Wednesday, August 26, 2009
Looks like more ponies
Posted by Stacy-Marie Ishmael on Aug 26 16:59.
Back in April, the Federal Reserve released the methodology for its stress-testing (scratch that, IQ testing-AM) of the major US financial institutions. The Fed’s models included a “baseline” scenario for economic conditions in the US and a “stressed” scenario:
The baseline assessment averages the projections published by Consensus Forecasts, the Blue Chip survey, and the Survey of Professional Forecasters. It assumes a 2.0% GDP decline in 2009 and a 2.1% GDP gain in 2010, unemployment reaching 8.4% in 2009 and 8.8% in 2010, and house prices falling 14% in 2009 and 4% in 2010.

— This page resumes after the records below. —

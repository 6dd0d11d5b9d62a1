-- ===== src/Tail/Whole.antt =====
-- tail.c as a whole: its options and the lines that it writes.
use linux_programming.Base.{ℕ, ◌+◌, ◌<◌, ◌≡◌, ◌≢◌, ◌∷◌, ◌++◌}
use linux_programming.Cstr.{Bytes, newline}
use linux_programming.Tail.Lines.{newlines}

-- The last lines of a file, where what stands behind the last newline counts as a line: what begins
-- behind a newline with one newline less than lines behind it, where the line there is not empty;
-- or all of a file with fewer newlines than lines.
pub data LastLines (n : ℕ) : Bytes → Bytes → Type 0 where
  behind :
      (front rest : Bytes) (c : ℕ)
      → c ≢ newline
      → newlines rest + 1 ≡ n
      → LastLines n (front ++ newline ∷ (c ∷ rest)) (c ∷ rest)
  whole : (content : Bytes) → newlines content < n → LastLines n content content
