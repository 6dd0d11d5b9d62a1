-- ===== src/Tail/Tests.antt =====
-- Runs of tail.c, and each theorem at a concrete input.
use linux_programming.Base.{
  ◌-◌, ◌≡◌, refl, List, [], ◌∷◌, Option, none, some, ◌&&◌, ◌==◌, if◌then◌else◌,
}
use linux_programming.Cstr.{Bytes, codes}
use linux_programming.Cstr.Numbers.{read_digits}
use linux_programming.Tail.{tail}
use linux_programming.Coprocess.{ℤ, pos, negsuc}
use linux_programming.Tail.Options.{undefined, choose, output, main}

-- The file ends with a newline: one line less.
tail-two : tail 2 (codes "a\nb\nc\n") ≡ codes "c\n"
unfolding tail
tail-two = refl

-- Numbers with at most one sign.
abbrev atoi : Bytes → ℤ
atoi [] = pos 0
atoi (c ∷ cs) = if c == 45 then negsuc (read_digits 0 cs - 1) else pos (read_digits 0 (c ∷ cs))

-- An option "-n" in front, with its argument as a word of its own or in the same word.
abbrev behind_n : Bytes → Option Bytes
behind_n (a ∷ b ∷ cs) = if (a == 45) && (b == 110) then some cs else none
behind_n _ = none

abbrev getopt : List Bytes → List (Option Bytes) × List Bytes
getopt (prog ∷ word ∷ argv) = elim (behind_n word) [
  | none ↦ ([], prog ∷ word ∷ argv)
  | some [] ↦ elim argv [
    | [] ↦ (none ∷ [], prog ∷ word ∷ [])
    | num ∷ more ↦ (some num ∷ [], prog ∷ word ∷ num ∷ more)
  ]
  | some (c ∷ cs) ↦ (some (c ∷ cs) ∷ [], prog ∷ word ∷ argv)
]
getopt argv = ([], argv)

abbrev files : Bytes → Option Bytes
files name = some (codes "a\nb\nc\nd")

-- "-n2" is one word, and the file is taken from behind the arguments.
main-joined : main atoi getopt files (codes "tail" ∷ codes "-n2" ∷ []) ≡ undefined
unfolding main choose output
main-joined = refl

abbrev content : Bytes
content = codes "a\nb\nc\nd"
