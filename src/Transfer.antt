-- ===== src/Transfer.antt =====
-- quiz/quiz4/quiz4.c: a thread that reads into a shared array, and one that writes it out once a
-- semaphore lets it.
pub mod Order
mod Tests
use linux_programming.Base.{
  ℕ, suc, ◌+◌, ◌≤◌, Bool, true, false, ◌≡◌, Option, none, some, length, take, drop, ◌++◌,
}
use linux_programming.Cstr.{Bytes}

-- Where the reader stands: before `read`, before the store of `cnt`, before `sem_post`, or at its
-- end.
pub data Reader : Type 0 where
  reading : Reader
  counting : ℕ → Reader
  posting done : Reader

-- Where the writer stands: before `sem_wait`, before `write`, or at its end.
pub data Writer : Type 0 where
  waiting writing finished : Writer

-- BUF_SIZE
abbrev pub buf_size : ℕ
buf_size = 1024

-- The shared data with the value of `sem_write`, the threads, and what went to standard output;
-- `running` is false once a call has failed and the process has exited.
pub record Shared : Type 0 where
  pub cnt : ℕ
  pub buf : Bytes
  pub sem : ℕ
  pub reader : Reader
  pub writer : Writer
  pub output : Option Bytes
  pub running : Bool

-- A step of either thread, where `read` gives these bytes of standard input.
pub data Step (input : Bytes) (s : Shared) : Shared → Type 0 where
  read :
      s.running ≡ true
      → s.reader ≡ reading
      → Step input s (record s {
        buf = take buf_size input ++ drop (length (take buf_size input)) s.buf;
        reader = counting (length (take buf_size input));
      })
  read_fails : s.running ≡ true → s.reader ≡ reading → Step input s (record s { running = false })
  count :
      (n : ℕ)
      → s.running ≡ true
      → s.reader ≡ counting n
      → Step input s (record s { cnt = n; reader = posting })
  post :
      s.running ≡ true
      → s.reader ≡ posting
      → Step input s (record s { sem = s.sem + 1; reader = done })
  wait :
      (k : ℕ)
      → s.running ≡ true
      → s.writer ≡ waiting
      → s.sem ≡ suc k
      → Step input s (record s { sem = k; writer = writing })
  write :
      (n : ℕ)
      → s.running ≡ true
      → s.writer ≡ writing
      → n ≤ s.cnt
      → Step input s (record s { output = some (take n s.buf); writer = finished })
  write_fails : s.running ≡ true → s.writer ≡ writing → Step input s (record s { running = false })

-- The threads are created; `sem_open` makes a semaphore of value 0, or opens one that is there.
abbrev pub init : ℕ → Bytes → Shared
init sem buf = record {
  cnt = 0;
  buf = buf;
  sem = sem;
  reader = reading;
  writer = waiting;
  output = none;
  running = true;
}

pub data Reach (input : Bytes) (first : Shared) : Shared → Type 0 where
  start : Reach input first first
  next : {s t : Shared} → Reach input first s → Step input s t → Reach input first t
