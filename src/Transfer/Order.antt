-- ===== src/Transfer/Order.antt =====
-- What the writer writes.
use linux_programming.Base.{
  ℕ, zero, suc, ◌+◌, ◌≤◌, ◌≡◌, ◌⊎◌, inl, inr, refl, sym, ap, ◌∙◌, Bool, true, false, [], ◌∷◌,
  Option, none, some, length, take, arith, take-append,
}
use linux_programming.Cstr.{Bytes}
use linux_programming.Transfer.{
  Reader, reading, counting, posting, done, Writer, waiting, writing, finished, buf_size, Shared,
  init, Step, read, read_fails, count, post, wait, write, write_fails, Reach, start, next,
}

-- What the reader has read.
abbrev pub got : Bytes → Bytes
got input = take buf_size input

-- The shared data as far as the reader has come.
abbrev IsStored : Bytes → Shared → Reader → Type 0
IsStored input s reading = Unit
IsStored input s (counting n) =
    (n ≡ length (got input)) × (take (length (got input)) s.buf ≡ got input)
IsStored input s posting =
    (s.cnt ≡ length (got input)) × (take (length (got input)) s.buf ≡ got input)
IsStored input s done = (s.cnt ≡ length (got input)) × (take (length (got input)) s.buf ≡ got input)

abbrev has_posted : Reader → Bool
has_posted done = true
has_posted _ = false

-- The semaphore is at 0, but between the reader's post and the writer's wait.
abbrev IsOrdered : ℕ → Bool → Writer → Type 0
IsOrdered sem true waiting = sem ≡ 1
IsOrdered sem false waiting = sem ≡ 0
IsOrdered sem posted writing = (posted ≡ true) × (sem ≡ 0)
IsOrdered sem posted finished = (posted ≡ true) × (sem ≡ 0)

abbrev IsSent : Bytes → Option Bytes → Writer → Type 0
IsSent input output waiting = output ≡ none
IsSent input output writing = output ≡ none
IsSent input output finished =
    (n : ℕ) × (n ≤ length (got input)) × (output ≡ some (take n (got input)))

record Inv (input : Bytes) (s : Shared) : Type 0 where
  pub stored : IsStored input s s.reader
  pub ordered : IsOrdered s.sem (has_posted s.reader) s.writer
  pub sent : IsSent input s.output s.writer

take-take : (n k : ℕ) (xs : Bytes) → n ≤ k → take n (take k xs) ≡ take n xs
take-take zero k xs h = refl
take-take (suc n) zero xs h = absurd (omega (arith, h))
take-take (suc n) (suc k) [] h = refl
take-take (suc n) (suc k) (x ∷ xs) h = ap (◌∷◌ x) (take-take n k xs (omega (arith, h)))

-- The reader's post lets a waiting writer go, and there is no other.
post-IsOrdered : (sem : ℕ) (w : Writer) → IsOrdered sem false w → IsOrdered (sem + 1) true w
post-IsOrdered sem waiting h = omega (arith, h)
post-IsOrdered sem writing h = cc
post-IsOrdered sem finished h = cc

wait-IsOrdered :
    (sem k : ℕ) (posted : Bool)
    → IsOrdered sem posted waiting
    → sem ≡ suc k
    → IsOrdered k posted writing
wait-IsOrdered sem k true h e = (refl, omega (arith, h, e))
wait-IsOrdered sem k false h e = absurd (omega (arith, h, e))

IsStored-done :
    (input : Bytes) (s : Shared) (r : Reader)
    → IsStored input s r
    → has_posted r ≡ true
    → IsStored input s done
IsStored-done input s reading h e = cc
IsStored-done input s (counting n) h e = cc
IsStored-done input s posting h e = cc
IsStored-done input s done h e = h

Inv-Step : (input : Bytes) (s t : Shared) → Inv input s → Step input s t → Inv input t
Inv-Step input s _ v (read r e) = record {
  stored = (refl, take-append (got input) _);
  ordered = rw e at v.ordered;
  sent = v.sent;
}
Inv-Step input s _ v (read_fails r e) = record {
  stored = v.stored;
  ordered = v.ordered;
  sent = v.sent;
}
Inv-Step input s _ v (count n r e) =
    let h : IsStored input s (counting n) = rw e at v.stored in
    record { stored = h; ordered = rw e at v.ordered; sent = v.sent }
Inv-Step input s _ v (post r e) =
    let h : IsStored input s posting = rw e at v.stored in
    record {
      stored = h;
      ordered = post-IsOrdered s.sem s.writer (rw e at v.ordered);
      sent = v.sent;
    }
Inv-Step input s _ v (wait k r e z) = record {
  stored = v.stored;
  ordered = wait-IsOrdered s.sem k (has_posted s.reader) (rw e at v.ordered) z;
  sent = rw e at v.sent;
}
Inv-Step input s _ v (write n r e l) =
    let o : IsOrdered s.sem (has_posted s.reader) writing = rw e at v.ordered in
    let h = IsStored-done input s s.reader v.stored o.0 in
    record {
      stored = v.stored;
      ordered = o;
      sent = (
        n,
        rw h.0 at l,
        ap some (sym (take-take n (length (got input)) s.buf (rw h.0 at l)) ∙ ap (take n) h.1),
      );
    }
Inv-Step input s _ v (write_fails r e) = record {
  stored = v.stored;
  ordered = v.ordered;
  sent = v.sent;
}

Reach-Inv : (input buf : Bytes) (s : Shared) → Reach input (init 0 buf) s → Inv input s
Reach-Inv input buf _ start = record { stored = tt; ordered = refl; sent = refl }
Reach-Inv input buf t (next {s} r st) = Inv-Step input s t (Reach-Inv input buf s r) st

-- Nothing is written yet, or a first part of what was read.
abbrev pub FirstPart : Bytes → Option Bytes → Type 0
FirstPart input output =
    (output ≡ none) ⊎ ((n : ℕ) × (n ≤ length (got input)) × (output ≡ some (take n (got input))))

sent_cases :
    (input : Bytes) (output : Option Bytes) (w : Writer)
    → IsSent input output w
    → FirstPart input output
sent_cases input output waiting h = inl h
sent_cases input output writing h = inl h
sent_cases input output finished h = inr h

has_posted-done : (r : Reader) → has_posted r ≡ true → r ≡ done
has_posted-done reading h = cc
has_posted-done (counting n) h = cc
has_posted-done posting h = cc
has_posted-done done h = refl

writer_cases :
    (sem : ℕ) (posted : Bool) (w : Writer)
    → IsOrdered sem posted w
    → (w ≡ waiting) ⊎ (posted ≡ true)
writer_cases sem posted waiting h = inl refl
writer_cases sem posted writing h = inr h.0
writer_cases sem posted finished h = inr h.0

at_most_one : (sem : ℕ) (posted : Bool) (w : Writer) → IsOrdered sem posted w → sem ≤ 1
at_most_one sem true waiting h = omega (arith, h)
at_most_one sem false waiting h = omega (arith, h)
at_most_one sem posted writing h = omega (arith, h.1)
at_most_one sem posted finished h = omega (arith, h.1)

-- The reader is at its end, with the count and the bytes of its read in the shared data.
pub record Handed (input : Bytes) (s : Shared) : Type 0 where
  pub reader_done : s.reader ≡ done
  pub counted : s.cnt ≡ length (got input)
  pub stored : take (length (got input)) s.buf ≡ got input
  pub written : FirstPart input s.output

-- With a new semaphore of value 0, in every order of the threads' steps: either the writer still
-- waits and has written nothing; or the reader is at its end, the shared count and array hold what
-- it has read, whatever they held before, and what the writer has written is nothing yet, or a
-- first part of those bytes. And the semaphore's value is never above 1.
pub Reach-sent :
    (input buf : Bytes) (s : Shared)
    → Reach input (init 0 buf) s
    → (((s.writer ≡ waiting) × (s.output ≡ none)) ⊎ Handed input s) × (s.sem ≤ 1)
Reach-sent input buf s r =
    let v = Reach-Inv input buf s r in
    (
      elim (writer_cases s.sem (has_posted s.reader) s.writer v.ordered) [
        | inl w ↦ let none_yet : IsSent input s.output waiting = rw w at v.sent in inl (w, none_yet)
        | inr p ↦
            let h = IsStored-done input s s.reader v.stored p in
            inr (record {
              reader_done = has_posted-done s.reader p;
              counted = h.0;
              stored = h.1;
              written = sent_cases input s.output s.writer v.sent;
            })
      ],
      at_most_one s.sem (has_posted s.reader) s.writer v.ordered,
    )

Supervisors also compiled a more “severe but plausible” scenario, which assumes a 3.3% GDP decline in 2009 and 0.5% GDP gain in 2010, unemployment at 8.9% in 2009 and 10.3% in 2010 and house prices down 22% in 2009 and 7% in 2010.
And as Bank of America Merill Lynch analyst Hans Mikkelsen noted on Wednesday, reality is fast catching up with even the more adverse scenario:
The Congressional Budget Office (CBO) and the White House (Office of Management and Budget) issued updated budgets with large deficits for the coming years.
In terms of underlying economic assumptions both now expect unemployment rates consistent with the more adverse stress scenario of 8.9% in 2009 and 10.3% in 2010 used in the Fed’s bank stress tests concluded as recently as early May.